*PROVIDED MATERIAL*
________________________________________
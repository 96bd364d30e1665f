-- ===== src/Bot/Threads/Entries.antt =====
-- What a step of the loop keeps on its way to a session.
use minecraft_afk_bot.Bot.Backoff.{Duration, Int63n}
use minecraft_afk_bot.Bot.Loop
use minecraft_afk_bot.Bot.Loop.{Loop, settle}
use minecraft_afk_bot.Bot.Session.Result.{is_session_ended}
use minecraft_afk_bot.Bot.Session.Steps.{Progress, begun}
use minecraft_afk_bot.Bot.System.{
  Place, at_head, sleeping, admitting, returned, System, waiting_for, head_in, timer_in,
  stop_waiting_in, admit_in, admit_of, enter,
}
use minecraft_afk_bot.Bot.Threads.{with_session}
use minecraft_afk_bot.Bot.Threads.Held.{At, Inv}
use minecraft_afk_bot.Bot.Threads.Runs.{Ensured}
use minecraft_afk_bot.Gophertunnel.{Constants}
use minecraft_afk_bot.Mcproto.{Protocol}
use minecraft_afk_bot.Presence.Gate.{Phase, admitted, refused}
use minecraft_afk_bot.Prelude.{
  ℕ, ◌≡◌, refl, ◌∙◌, Bool, true, false, List, [], ◌∷◌, ◌++◌, Option, none, some, equal, count,
  count-append, if◌then◌else◌,
}

-- More actions without that line.
pub quiet-append :
    (xs ys : List Loop.Action)
    → count is_session_ended xs ≡ 0
    → count is_session_ended ys ≡ 0
    → count is_session_ended (xs ++ ys) ≡ 0
quiet-append xs ys hx hy = count-append is_session_ended xs ys ∙ rw (hx, hy) refl

waiting-quiet : (i : Int63n) (d : Duration) → count is_session_ended (waiting_for i d) ≡ 0
unfolding equal
waiting-quiet i d = refl

module _ {Position Schema : Type 0} (k : Constants) (v : ℕ) (baked : Protocol Schema) where
  abbrev pub Keeps : Progress Position → Option System → Type 0
  Keeps p o = Ensured (Inv k v baked) (with_session p o)

  abbrev pub Here : Place → System → Progress Position → Type 0
  Here q s p = At k v baked q s.world s.done p

  Here-if :
      (b : Bool) (p : Progress Position) (x y : System)
      → Here x.place x p
      → Here y.place y p
      → Keeps p (some (if b then x else y))
  Here-if true p x y hx hy = hx
  Here-if false p x y hx hy = hy

  enter-Here : (s : System) (p : Progress Position) → Here sleeping s p → Here admitting (enter s) p
  enter-Here s p h = record { told = h.told; held = h.held; explained = tt; quiet = h.quiet }

  pub head_in-Keeps :
      (i : Int63n) (q : Place) (s : System) (p : Progress Position)
      → Here q s p
      → Keeps p (head_in i q s)
  unfolding head_in
  head_in-Keeps i at_head s p h =
      let wait = waiting_for i s.loop.delay in
      let slow : System = record s { place = sleeping; done = s.done ++ wait } in
      let idle : Here sleeping s p = record {
        told = h.told;
        held = h.held;
        explained = tt;
        quiet = h.quiet;
      } in
      Here-if s.world.ctx_done p (record s { place = returned })
        (if s.loop.first then enter s else slow)
        (record { told = h.told; held = h.held; explained = tt; quiet = h.quiet })
        (Here-if s.loop.first p (enter s) slow (enter-Here s p idle) (record {
          told = h.told;
          held = h.held;
          explained = tt;
          quiet = quiet-append s.done wait h.quiet (waiting-quiet i s.loop.delay);
        }))
  head_in-Keeps i _ s p h = tt

  pub timer_in-Keeps :
      (q : Place) (s : System) (p : Progress Position) → Here q s p → Keeps p (timer_in q s)
  unfolding timer_in
  timer_in-Keeps sleeping s p h = enter-Here s p h
  timer_in-Keeps _ s p h = tt

  Keeps-guard :
      (b : Bool) (p : Progress Position) (x : System)
      → Here x.place x p
      → Keeps p (if b then some x else none)
  Keeps-guard true p x h = h
  Keeps-guard false p x h = tt

  pub stop_waiting_in-Keeps :
      (q : Place) (s : System) (p : Progress Position) → Here q s p → Keeps p (stop_waiting_in q s)
  unfolding stop_waiting_in
  stop_waiting_in-Keeps sleeping s p h =
      Keeps-guard s.world.ctx_done p (record s { place = returned })
        (record { told = h.told; held = h.held; explained = tt; quiet = h.quiet })
  stop_waiting_in-Keeps _ s p h = tt

  -- The session that the loop enters has just begun.
  admit_of-Keeps :
      (phase : Phase) (s : System) (p : Progress Position)
      → Here admitting s p
      → Keeps begun (admit_of phase s)
  unfolding admit_of
  admit_of-Keeps admitted s p h = record {
    told = h.told;
    held = refl;
    explained = λ e. cc;
    quiet = quiet-append s.done (Loop.admit true ∷ Loop.connect ∷ []) h.quiet refl;
  }
  admit_of-Keeps refused s p h = record {
    told = h.told;
    held = refl;
    explained = tt;
    quiet = quiet-append s.done (Loop.admit false ∷ []) h.quiet refl;
  }
  admit_of-Keeps _ s p h = tt

  pub admit_in-Keeps :
      (q : Place) (s : System) (p : Progress Position) → Here q s p → Keeps begun (admit_in q s)
  unfolding admit_in
  admit_in-Keeps admitting s p h = admit_of-Keeps s.world.phase s p h
  admit_in-Keeps _ s p h = tt
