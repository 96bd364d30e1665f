-- ===== src/Bot/Threads/Places.antt =====
-- What a step of the loop beside its session keeps.
use minecraft_afk_bot.Bot.Threads.Entries.{
  quiet-append, Keeps, Here, head_in-Keeps, timer_in-Keeps, stop_waiting_in-Keeps, admit_in-Keeps,
}
use minecraft_afk_bot.Bot.Backoff.{Duration}
use minecraft_afk_bot.Bot.Loop
use minecraft_afk_bot.Bot.Loop.{Loop, settle}
use minecraft_afk_bot.Bot.Session.Result.{is_session_ended, IsParkedIfClean, settle-count}
use minecraft_afk_bot.Bot.Session.Steps.{Progress}
use minecraft_afk_bot.Bot.System
use minecraft_afk_bot.Bot.System.{
  Place, at_head, sleeping, admitting, in_session, returned, ended, reported, observed, released,
  System, Step, gate, head, timer, stop_waiting, admit_returns, spawn, connect_returns,
  report_apart, observe, let_go, finish, waiting_for, round_of, settled, head_in, timer_in,
  stop_waiting_in, admit_in, admit_of, report_in, observe_in, let_go_in, finish_in, allowed, enter,
}
use minecraft_afk_bot.Bot.Threads.{Threads, beside_in}
use minecraft_afk_bot.Bot.Threads.Held.{Inv, gate_in-Inv}
use minecraft_afk_bot.Bot.Threads.Runs.{Ensured}
use minecraft_afk_bot.Gophertunnel.{Constants}
use minecraft_afk_bot.Mcproto.{Protocol}
use minecraft_afk_bot.Presence.Api.{Api}
use minecraft_afk_bot.Presence.Reconciler.{set_connected}
use minecraft_afk_bot.Prelude.{
  Text, ℕ, ◌≡◌, refl, Bool, false, List, [], ◌∷◌, Option, none, some, count,
}

module _ {Position Schema : Type 0} (k : Constants) (v : ℕ) (baked : Protocol Schema) where
  reported-Here :
      (err : Option Text) (l : Duration) (s : System) (p : Progress Position)
      → Here k v baked (ended err l) s p
      → Keeps k v baked p (report_in (ended err l) s)
  unfolding report_in set_connected
  reported-Here none l s p h = record {
    told = refl;
    held = h.held;
    explained = h.explained;
    quiet = quiet-append s.done (Loop.connected false ∷ []) h.quiet refl;
  }
  reported-Here (some err) l s p h = record {
    told = refl;
    held = h.held;
    explained = tt;
    quiet = quiet-append s.done (Loop.connected false ∷ []) h.quiet refl;
  }

  report_in-Keeps :
      (q : Place) (s : System) (p : Progress Position)
      → Here k v baked q s p
      → Keeps k v baked p (report_in q s)
  unfolding report_in
  report_in-Keeps (ended err l) s p h = reported-Here err l s p h
  report_in-Keeps _ s p h = tt

  observe_in-Keeps :
      (q : Place) (s : System) (p : Progress Position)
      → Here k v baked q s p
      → Keeps k v baked p (observe_in q s)
  unfolding observe_in
  observe_in-Keeps (reported none l) s p h = record {
    told = h.told;
    held = h.held;
    explained = h.explained;
    quiet = h.quiet;
  }
  observe_in-Keeps (reported (some err) l) s p h = record {
    told = h.told;
    held = h.held;
    explained = tt;
    quiet = h.quiet;
  }
  observe_in-Keeps _ s p h = tt

  let_go_in-Keeps :
      (q : Place) (s : System) (p : Progress Position)
      → Here k v baked q s p
      → Keeps k v baked p (let_go_in q s)
  unfolding let_go_in
  let_go_in-Keeps (observed none l parked) s p h = record {
    told = h.told;
    held = h.held;
    explained = h.explained;
    quiet = quiet-append s.done (Loop.release ∷ []) h.quiet refl;
  }
  let_go_in-Keeps (observed (some err) l parked) s p h = record {
    told = h.told;
    held = h.held;
    explained = tt;
    quiet = quiet-append s.done (Loop.release ∷ []) h.quiet refl;
  }
  let_go_in-Keeps _ s p h = tt

  -- A pass that has no clean end to log.
  settled-Here :
      (s : System) (p : Progress Position) (x : List Loop.Action × Option Loop)
      → count is_session_ended x.0 ≡ 0
      → Here k v baked at_head s p
      → Keeps k v baked p (some (settled s x))
  settled-Here s p (more, none) q h = record {
    told = h.told;
    held = h.held;
    explained = tt;
    quiet = quiet-append s.done more h.quiet q;
  }
  settled-Here s p (more, some l) q h = record {
    told = h.told;
    held = h.held;
    explained = tt;
    quiet = quiet-append s.done more h.quiet q;
  }

  parked-clean :
      (err : Option Text) (l : Duration) (parked done : Bool) (s : System) (p : Progress Position)
      → Here k v baked (released err l parked) s p
      → IsParkedIfClean (round_of (λ n. 0) 0 err l parked done)
  parked-clean none l parked done s p h = λ e. h.explained
  parked-clean (some err) l parked done s p h = λ e. cc

  finish_in-Keeps :
      (lo hi : Duration) (q : Place) (s : System) (p : Progress Position)
      → Here k v baked q s p
      → Keeps k v baked p (finish_in lo hi q s)
  unfolding finish_in
  finish_in-Keeps lo hi (released err l parked) s p h =
      let r = round_of (λ n. 0) 0 err l parked s.world.ctx_done in
      settled-Here s p (settle lo hi s.loop r)
        (settle-count lo hi s.loop r (parked-clean err l parked s.world.ctx_done s p h))
        (record { told = h.told; held = h.held; explained = tt; quiet = h.quiet })
  finish_in-Keeps lo hi _ s p h = tt

  pub beside_in-Keeps :
      (api : Api) (lo hi : Duration) (x : Step) (t : Threads Position)
      → Inv k v baked t
      → Ensured (Inv k v baked) (beside_in api lo hi x t)
  unfolding beside_in System.step
  beside_in-Keeps api lo hi spawn t h = tt
  beside_in-Keeps api lo hi (connect_returns err l) t h = tt
  beside_in-Keeps api lo hi admit_returns t h =
      admit_in-Keeps k v baked t.system.place t.system t.session h
  beside_in-Keeps api lo hi (gate g) t h =
      gate_in-Inv k v baked api g (allowed t.system.place g) t refl h
  beside_in-Keeps api lo hi (head i) t h =
      head_in-Keeps k v baked i t.system.place t.system t.session h
  beside_in-Keeps api lo hi timer t h = timer_in-Keeps k v baked t.system.place t.system t.session h
  beside_in-Keeps api lo hi stop_waiting t h =
      stop_waiting_in-Keeps k v baked t.system.place t.system t.session h
  beside_in-Keeps api lo hi report_apart t h = report_in-Keeps t.system.place t.system t.session h
  beside_in-Keeps api lo hi observe t h = observe_in-Keeps t.system.place t.system t.session h
  beside_in-Keeps api lo hi let_go t h = let_go_in-Keeps t.system.place t.system t.session h
  beside_in-Keeps api lo hi finish t h = finish_in-Keeps lo hi t.system.place t.system t.session h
________________________________________
Up to and including the line that holds "Here-if false p x y hx hy = hy", reproduce the records above exactly from their first line, and give nothing else.

*ANSWER SPACE*
repository 96bd364d30e1665f
-- ===== src/Bot/Threads/Entries.antt =====
-- What a step of the loop keeps on its way to a session.
use minecraft_afk_bot.Bot.Backoff.{Duration, Int63n}
use minecraft_afk_bot.Bot.Loop
use minecraft_afk_bot.Bot.Loop.{Loop, settle}
use minecraft_afk_bot.Bot.Session.Result.{is_session_ended}
use minecraft_afk_bot.Bot.Session.Steps.{Progress, begun}
use minecraft_afk_bot.Bot.System.{
  Place, at_head, sleeping, admitting, returned, System, waiting_for, head_in, timer_in,
  stop_waiting_in, admit_in, admit_of, enter,
}
use minecraft_afk_bot.Bot.Threads.{with_session}
use minecraft_afk_bot.Bot.Threads.Held.{At, Inv}
use minecraft_afk_bot.Bot.Threads.Runs.{Ensured}
use minecraft_afk_bot.Gophertunnel.{Constants}
use minecraft_afk_bot.Mcproto.{Protocol}
use minecraft_afk_bot.Presence.Gate.{Phase, admitted, refused}
use minecraft_afk_bot.Prelude.{
  ℕ, ◌≡◌, refl, ◌∙◌, Bool, true, false, List, [], ◌∷◌, ◌++◌, Option, none, some, equal, count,
  count-append, if◌then◌else◌,
}

-- More actions without that line.
pub quiet-append :
    (xs ys : List Loop.Action)
    → count is_session_ended xs ≡ 0
    → count is_session_ended ys ≡ 0
    → count is_session_ended (xs ++ ys) ≡ 0
quiet-append xs ys hx hy = count-append is_session_ended xs ys ∙ rw (hx, hy) refl

waiting-quiet : (i : Int63n) (d : Duration) → count is_session_ended (waiting_for i d) ≡ 0
unfolding equal
waiting-quiet i d = refl

module _ {Position Schema : Type 0} (k : Constants) (v : ℕ) (baked : Protocol Schema) where
  abbrev pub Keeps : Progress Position → Option System → Type 0
  Keeps p o = Ensured (Inv k v baked) (with_session p o)

  abbrev pub Here : Place → System → Progress Position → Type 0
  Here q s p = At k v baked q s.world s.done p

  Here-if :
      (b : Bool) (p : Progress Position) (x y : System)
      → Here x.place x p
      → Here y.place y p
      → Keeps p (some (if b then x else y))
  Here-if true p x y hx hy = hx
  Here-if false p x y hx hy = hy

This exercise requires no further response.